Research Article: Assessment of displacement ventilation systems in airborne infection risk in hospital rooms

Date Published: January 30, 2019

Publisher: Public Library of Science

Author(s): José Manuel Villafruela, Inés Olmedo, Félix A. Berlanga, Manuel Ruiz de Adana, Esteban Tlelo-Cuautle.


Efficient ventilation in hospital airborne isolation rooms is important vis-à-vis decreasing the risk of cross infection and reducing energy consumption. This paper analyses the suitability of using a displacement ventilation strategy in airborne infection isolation rooms, focusing on health care worker exposure to pathogens exhaled by infected patients. The analysis is mainly based on numerical simulation results obtained with the support of a 3-D transient numerical model validated using experimental data. A thermal breathing manikin lying on a bed represents the source patient and another thermal breathing manikin represents the exposed individual standing beside the bed and facing the patient. A radiant wall represents an external wall exposed to solar radiation. The air change efficiency index and contaminant removal effectiveness indices and inhalation by the health care worker of contaminants exhaled by the patient are considered in a typical airborne infection isolation room set up with three air renewal rates (6 h-1, 9 h-1 and 12 h-1), two exhaust opening positions and two health care worker positions. Results show that the radiant wall significantly affects the air flow pattern and contaminant dispersion. The lockup phenomenon occurs at the inhalation height of the standing manikin. Displacement ventilation renews the air of the airborne isolation room and eliminates the exhaled pollutants efficiently, but is at a disadvantage compared to other ventilation strategies when the risk of exposure is taken into account.

Partial Text

Hospital facilities are places with a high risk of cross infection between their occupants. Studies in European hospitals [1] indicate that nosocomial infections contribute significantly to morbidity and mortality rates and that many of these infections are transmitted by airborne pathogens [2]. Everyday pulmonary activities, like breathing [3], coughing [4,5], sneezing [6], talking [3], are sources of bio-aerosols [7] that may be laden with the pathogens responsible for infectious disease transmission. Once the bio-aerosols leave the infected person their fate depends on multiple and complex factors [7–10]. One of the most important factors is undoubtedly the airflow pattern, both in the room as a whole as well as in the microenvironment around the source patient and the vulnerable individual.

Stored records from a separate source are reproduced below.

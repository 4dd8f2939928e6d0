-- ===== src/Gids/Refresh.antt =====
-- _gids_map_update of src/munged/gids.c: what gids_is_member answers after it.
use mathlib.Core.Path.{subst}
use munge.Prelude.{
  ℕ, ◌*◌, ◌^◌, ◌≡◌, refl, ap, ◌∙◌, ◌==◌, ltb, List, Bool, true, false, Option, Option-cases, none,
  some, inl, inr, if_both,
}
use munge.Prelude.Bytes.{All}
use munge.Hash.{Hash}
use munge.Hash.Nodes.{Arena}
use munge.Clock.{ℤ, pos, negsuc, Timespec}
use munge.Timer.{Answer, died, einval, answer}
use munge.Gids.{GidMap, Lookup}
use munge.Gids.Build.{
  GroupReading, Setup, Created, map_create, created, not_created, double_free, waiting,
}
use munge.Gids.Exact.{grants}
use munge.Gids.Scanning.{EntryServed}
use munge.Gids.Creation.{Maps, map_create-Maps}
use munge.Gids.Stale.{Unchanged, Checked, check_stat-Checked}
use munge.Gids.Pending.{After}
use munge.Gids.Update.{
  Gids, World, Course, ends, waits, undefined, goes, then_goes, keep_timer, switch, disable_stat,
  Update, Stat, check_stat, build, keep_created, begin_update, finish_update, schedule, is_member,
  member_of, gids_map_update,
}

abbrev New : (List ℕ → Lookup) → List GroupReading → Option GidMap → Type 0
New passwd es none = Unit
New passwd es (some m) = Maps passwd es m

disable_stat-same :
    (z : ℤ) (g : Gids)
    → ((disable_stat z g).gid_hash ≡ g.gid_hash)
      × ((disable_stat z g).t_last_update ≡ g.t_last_update)
unfolding disable_stat
disable_stat-same (pos n) g = (refl, refl)
disable_stat-same (negsuc n) g =
    if_both (λ r. (r.gid_hash ≡ g.gid_hash) × (r.t_last_update ≡ g.t_last_update)) (n == 0) g _
      (refl, refl) (refl, refl)

After-map {ℓ κ μ} :
    {A : Type ℓ} (P : A → Type κ) (Q : A → Type μ)
    → ((a : A) → P a → Q a)
    → (o : Course A) → After P o
    → After Q o
After-map P Q f ends h = tt
After-map P Q f waits h = tt
After-map P Q f undefined h = tt
After-map P Q f (goes a) h = f a h

module _ {ℓ} {W : Type ℓ} (passwd : List ℕ → Lookup) (st : Stat) (e : Setup)
    (es : List GroupReading) where
  -- Why there is no new map, or which one there is: the group file is as it was; or it is not, and the
  -- map could not be created, or was.
  pub data Reason (w : World W) : Option GidMap → Type 0 where
    unchanged : Unchanged st w.gids.do_group_stat w.gids.t_last_update → Reason w none
    not_made :
        (g : Hash (List ℕ) (List ℕ)) (a : Arena)
        → ¬ Unchanged st w.gids.do_group_stat w.gids.t_last_update
        → map_create e w.gids.ghost_hash w.arena es ≡ not_created g a
        → Reason w none
    made :
        (m : GidMap) (g : Hash (List ℕ) (List ℕ)) (a : Arena)
        → ¬ Unchanged st w.gids.do_group_stat w.gids.t_last_update
        → map_create e w.gids.ghost_hash w.arena es ≡ created m g a
        → Reason w (some m)

  -- Before the maps change places.
  record Begun (w : World W) (t_now : ℕ) (v : World W) (u : Update) : Type ℓ where
    same_map : v.gids.gid_hash ≡ w.gids.gid_hash
    same_time : v.gids.t_last_update ≡ w.gids.t_last_update
    time : u.t_now ≡ t_now
    reason : Reason w u.gid_hash
    new : New passwd es u.gid_hash

  abbrev IsBegun : World W → ℕ → World W × Update → Type ℓ
  IsBegun w t_now (v, u) = Begun w t_now v u

  keep_created-IsBegun :
      (w : World W) (flag : ℤ) (t_now : ℕ) (r : Created)
      → map_create e w.gids.ghost_hash w.arena es ≡ r
      → ¬ Unchanged st w.gids.do_group_stat w.gids.t_last_update
      → ((m : GidMap) → (g : _) → (a : _) → r ≡ created m g a → Maps passwd es m)
      → After (IsBegun w t_now) (keep_created w flag t_now r)
  unfolding keep_created
  keep_created-IsBegun w flag t_now (created m g a) run stale h = record {
    reason = made m g a stale run;
    same_map = refl;
    same_time = refl;
    time = refl;
    new = h m g a refl;
  }
  keep_created-IsBegun w flag t_now (not_created g a) run stale h = record {
    reason = not_made g a stale run;
    same_map = refl;
    same_time = refl;
    time = refl;
    new = tt;
  }
  keep_created-IsBegun w flag t_now double_free run stale h = tt
  keep_created-IsBegun w flag t_now waiting run stale h = tt

  build-IsBegun :
      (w : World W) (t_now : ℕ) (p : ℤ × Bool)
      → Checked st w.gids.do_group_stat w.gids.t_last_update p.1
      → All (EntryServed Unit passwd) es
      → After (IsBegun w t_now) (build e es w t_now p)
  unfolding build
  build-IsBegun w t_now (flag, false) k c = record {
    reason = unchanged k;
    same_map = refl;
    same_time = refl;
    time = refl;
    new = tt;
  }
  build-IsBegun w t_now (flag, true) k c =
      keep_created-IsBegun w flag t_now _ refl k
        (map_create-Maps passwd es e w.gids.ghost_hash w.arena c)

  -- Behind it: the map and the time are the old ones, or the new map and its time.
  abbrev Kept : World W → World W → Type 0
  Kept w v =
      ((u g : ℕ) → is_member (some v.gids) u g ≡ is_member (some w.gids) u g)
      × (v.gids.t_last_update ≡ w.gids.t_last_update)

  abbrev Renewed : ℕ → World W → Type 0
  Renewed t_now v =
      ((u g : ℕ) → is_member (some v.gids) u g ≡ grants passwd false es u g)
      × (v.gids.t_last_update ≡ t_now)

  pub data Refreshed (w : World W) (t_now : ℕ) (v : World W) : Type 0 where
    kept : Reason w none → Kept w v → Refreshed w t_now v
    renewed : (m : GidMap) → Reason w (some m) → Renewed t_now v → Refreshed w t_now v

  -- `v` has the map and the time of `w`.
  abbrev SameMap : World W → World W → Type 0
  SameMap w v = (v.gids.gid_hash ≡ w.gids.gid_hash) × (v.gids.t_last_update ≡ w.gids.t_last_update)

  keep_timer-SameMap : (w : World W) (r : Answer W) → After (SameMap w) (keep_timer w r)
  unfolding keep_timer
  keep_timer-SameMap w died = tt
  keep_timer-SameMap w einval = tt
  keep_timer-SameMap w (answer n b t) = (refl, refl)

  schedule-SameMap :
      (cb : W) (mem : Bool) (now : Option Timespec) (w : World W)
      → After (SameMap w) (schedule cb mem now w)
  unfolding schedule
  schedule-SameMap cb mem now w =
      if_both (After (SameMap w)) (w.gids.interval_secs == 0) (goes w) _ (refl, refl)
        (if_both (After (SameMap w)) (ltb (w.gids.interval_secs * 1000) (2 ^ 31)) _ undefined
          (keep_timer-SameMap w _) tt)

  Refreshed-SameMap :
      (w s v : World W) (t_now : ℕ) → Refreshed w t_now s → SameMap s v → Refreshed w t_now v
  unfolding is_member
  Refreshed-SameMap w s v t_now (kept r k) h =
      kept r (λ u g. ap (λ m. member_of m u g) h.0 ∙ k.0 u g, h.1 ∙ k.1)
  Refreshed-SameMap w s v t_now (renewed m r k) h =
      renewed m r (λ u g. ap (λ m. member_of m u g) h.0 ∙ k.0 u g, h.1 ∙ k.1)

  switch-Refreshed :
      (w v : World W) (t_now : ℕ) (n : ℕ) (o : Option GidMap)
      → v.gids.gid_hash ≡ w.gids.gid_hash
      → v.gids.t_last_update ≡ w.gids.t_last_update
      → n ≡ t_now
      → Reason w o
      → New passwd es o
      → Refreshed w t_now (switch v n o)
  unfolding switch is_member
  switch-Refreshed w v t_now n none e f g r h = kept r (λ q p. ap (λ m. member_of m q p) e, f)
  switch-Refreshed w v t_now n (some m) e f g r h = elim (Option-cases v.gids.gid_hash) [
    | inl k ↦ rw (k, switch) (renewed m r (λ q p. unfold member_of in h.members q p, g))
    | inr (old, k) ↦ rw (k, switch) (renewed m r (λ q p. unfold member_of in h.members q p, g))
  ]

  finish_update-Refreshed :
      (cb : W) (w v : World W) (u : Update) (t_now : ℕ) (mem : Bool) (now : Option Timespec)
      → Begun w t_now v u
      → After (Refreshed w t_now) (finish_update cb mem now (v, u))
  unfolding finish_update
  finish_update-Refreshed cb w v u t_now mem now h =
      let s = switch v u.t_now u.gid_hash in
      let same = disable_stat-same u.flag s.gids in
      let t = record s { gids = record (disable_stat u.flag s.gids) { timer = pos 0 } } in
      let r =
        Refreshed-SameMap w s t t_now
          (switch-Refreshed w v t_now u.t_now u.gid_hash h.same_map h.same_time h.time h.reason
            h.new)
          same in
      After-map (SameMap t) (Refreshed w t_now) (λ x k. Refreshed-SameMap w t x t_now r k) _
        (schedule-SameMap cb mem now t)

  then_goes-Refreshed :
      (cb : W) (w : World W) (t_now : ℕ) (mem : Bool) (now : Option Timespec)
      → (o : Course (World W × Update)) → After (IsBegun w t_now) o
      → After (Refreshed w t_now) (then_goes o (finish_update cb mem now))
  unfolding then_goes
  then_goes-Refreshed cb w t_now mem now ends h = tt
  then_goes-Refreshed cb w t_now mem now waits h = tt
  then_goes-Refreshed cb w t_now mem now undefined h = tt
  then_goes-Refreshed cb w t_now mem now (goes (v, u)) h =
      finish_update-Refreshed cb w v u t_now mem now h

  -- When `_gids_map_update` comes back, one of three things is true. The group file is checked and was
  -- not modified after the last update: then `gids_is_member` answers as before, and the time of the
  -- last update is the old one. Else no map could be created: then they are the old ones too. Else a
  -- map was created: then `gids_is_member` answers exactly by the group database that was read, and the
  -- time is that of the update. Condition: all answers come from one passwd database.
  pub gids_map_update-Refreshed :
      (cb : W) (t_now : ℕ) (mem : Bool) (now : Option Timespec)
      → (w v : World W) → All (EntryServed Unit passwd) es
      → gids_map_update cb (some t_now) st e es mem now w ≡ goes v
      → Refreshed w t_now v
  unfolding gids_map_update begin_update
  gids_map_update-Refreshed cb t_now mem now w v c run = subst (After (Refreshed w t_now)) run (
      then_goes-Refreshed cb w t_now mem now _ (
        build-IsBegun w t_now (check_stat st w.gids.do_group_stat w.gids.t_last_update)
          (check_stat-Checked st w.gids.do_group_stat w.gids.t_last_update) c))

In rooms with displacement ventilation, thermal stratification is generated. The temperature of the exhaled air is higher than the temperature of the ambient air. The effects of buoyancy will play an important role in both the evolution of exhaled air and the dispersion of the associated pathogens. It is therefore crucial to correctly predict the room’s temperature field. This numerical model was previously used to study the dispersion of exhaled contaminants by the mouth of a person standing in a room with DV. The numerical results were compared to data from experiments performed in a full-scale laboratory at the University of Aalborg [55]. It was found that the numerical model was able to accurately reproduce both the thermal stratification in the room and the deflection of the exhaled air jet. Details on the validation of the temperature field are shown in [40].

Detailed transient CFD tests have been carried to determine the suitability of a DV strategy in a representative case study of a one-bed hospital room. Two exhaust configurations, two external wall positions and three air renewal rates have been tested. In view of the results, the following conclusions may be drawn:

This work fails to consider either human movement or the movement of opening and closing doors. An analysis of how human movement affects the air flow pattern of displacement ventilation would prove extremely valuable. A further limitation is that the external wall is simulated with only one heat gain value. In a real situation, heat gain changes during the day and during the seasons. In addition, the study only analyses the exhalation of small respiratory bio-aerosols during breathing. Taking into account other pulmonary activities, such as coughing or sneezing, which expel larger droplets with higher initial momentum, would provide further insights.